◆ Stored data entries:
☆ ☆ ☆ ☆ ☆ ☆ ☆
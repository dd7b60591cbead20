-- ===== src/Auth/Middleware.antt =====
-- Resolving a request to an identity: the bearer token (auth/jwt_verifier.py) and the state of the
-- user's row (auth/middleware.py). Decoding and verifying a JSON Web Token is PyJWT's, and
-- reading a UUID is Python's: `decode` and `parse_uuid` are parameters.
pub mod Sound
use pid_docs.Prelude.{
  ℕ, ◌*◌, String, text_eq, Bool, true, false, Option, none, some, List, ltb, if◌then◌else◌, get_or,
}
use pid_docs.Prelude.Text.{is_empty, lower, strip, partition}
use pid_docs.Db.{User, get_user}

-- The decoded claims that the code reads; `sub` and `iat` may be missing.
pub record Claims : Type 0 where
  pub sub : Option String
  pub iat : Option ℕ
  pub email : Option String

-- `ResolvedIdentity`
pub record Identity : Type 0 where
  pub id : ℕ
  pub email : String
  pub role : String
  pub team_id : Option ℕ

unfoldable pub get_bearer_token : Option String → Option String
get_bearer_token none = none
get_bearer_token (some header) =
    let (scheme, token) = partition header in
    if is_empty header
    then none
    else if text_eq (lower scheme) "bearer"
    then (if is_empty (strip token) then none else some (strip token))
    else none

-- Rule #12, on `datetime.fromtimestamp(int(iat))` in microseconds
unfoldable pub issued_before : ℕ → Option ℕ → Bool
issued_before iat none = false
issued_before iat (some invalidated_at) = ltb (iat * 1000000) invalidated_at

-- the checks on the row that was found
unfoldable pub admit : ℕ → Claims → ℕ → Option User → Option Identity
unfolding issued_before
admit iat claims uid none = none
admit iat claims uid (some row) = elim row.deleted_at [
  | some _ ↦ none
  | none ↦
      if issued_before iat row.token_invalidated_at
      then none
      else some (record {
        id = uid;
        email = get_or claims.email "";
        role = row.role;
        team_id = row.team_id;
      })
]

module _ (decode : String → Option Claims) (parse_uuid : String → Option ℕ) where
  -- `none` is `TokenVerificationError`
  unfoldable pub verify_token : String → Option Claims
  verify_token token = if is_empty token then none else decode token

  pub with_sub : List User → Claims → Option ℕ → Option String → Option Identity
  with_sub users claims none sub = none
  with_sub users claims (some iat) none = none
  with_sub users claims (some iat) (some sub) =
      if is_empty sub then none else elim (parse_uuid sub) [
        | none ↦ none
        | some uid ↦ admit iat claims uid (get_user uid users)
      ]

  -- `authenticate_request`; `none` is the 401 that every failure raises
  unfoldable pub authenticate_request : Option String → List User → Option Identity
  unfolding verify_token with_sub
  authenticate_request header users = elim (get_bearer_token header) [
    | none ↦ none
    | some token ↦ elim (verify_token token) [
      | none ↦ none
      | some claims ↦ with_sub users claims claims.iat claims.sub
    ]
  ]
☆ ☆ ☆ ☆ ☆ ☆ ☆
◆ Task instructions: Return only the lines between the one holding "unfoldable pub admit" and the one holding "role = row.role;", inclusive, exactly as they appear above.

◆ Worked solution:
unfoldable pub admit : ℕ → Claims → ℕ → Option User → Option Identity
unfolding issued_before
admit iat claims uid none = none
admit iat claims uid (some row) = elim row.deleted_at [
  | some _ ↦ none
  | none ↦
      if issued_before iat row.token_invalidated_at
      then none
      else some (record {
        id = uid;
        email = get_or claims.email "";
        role = row.role;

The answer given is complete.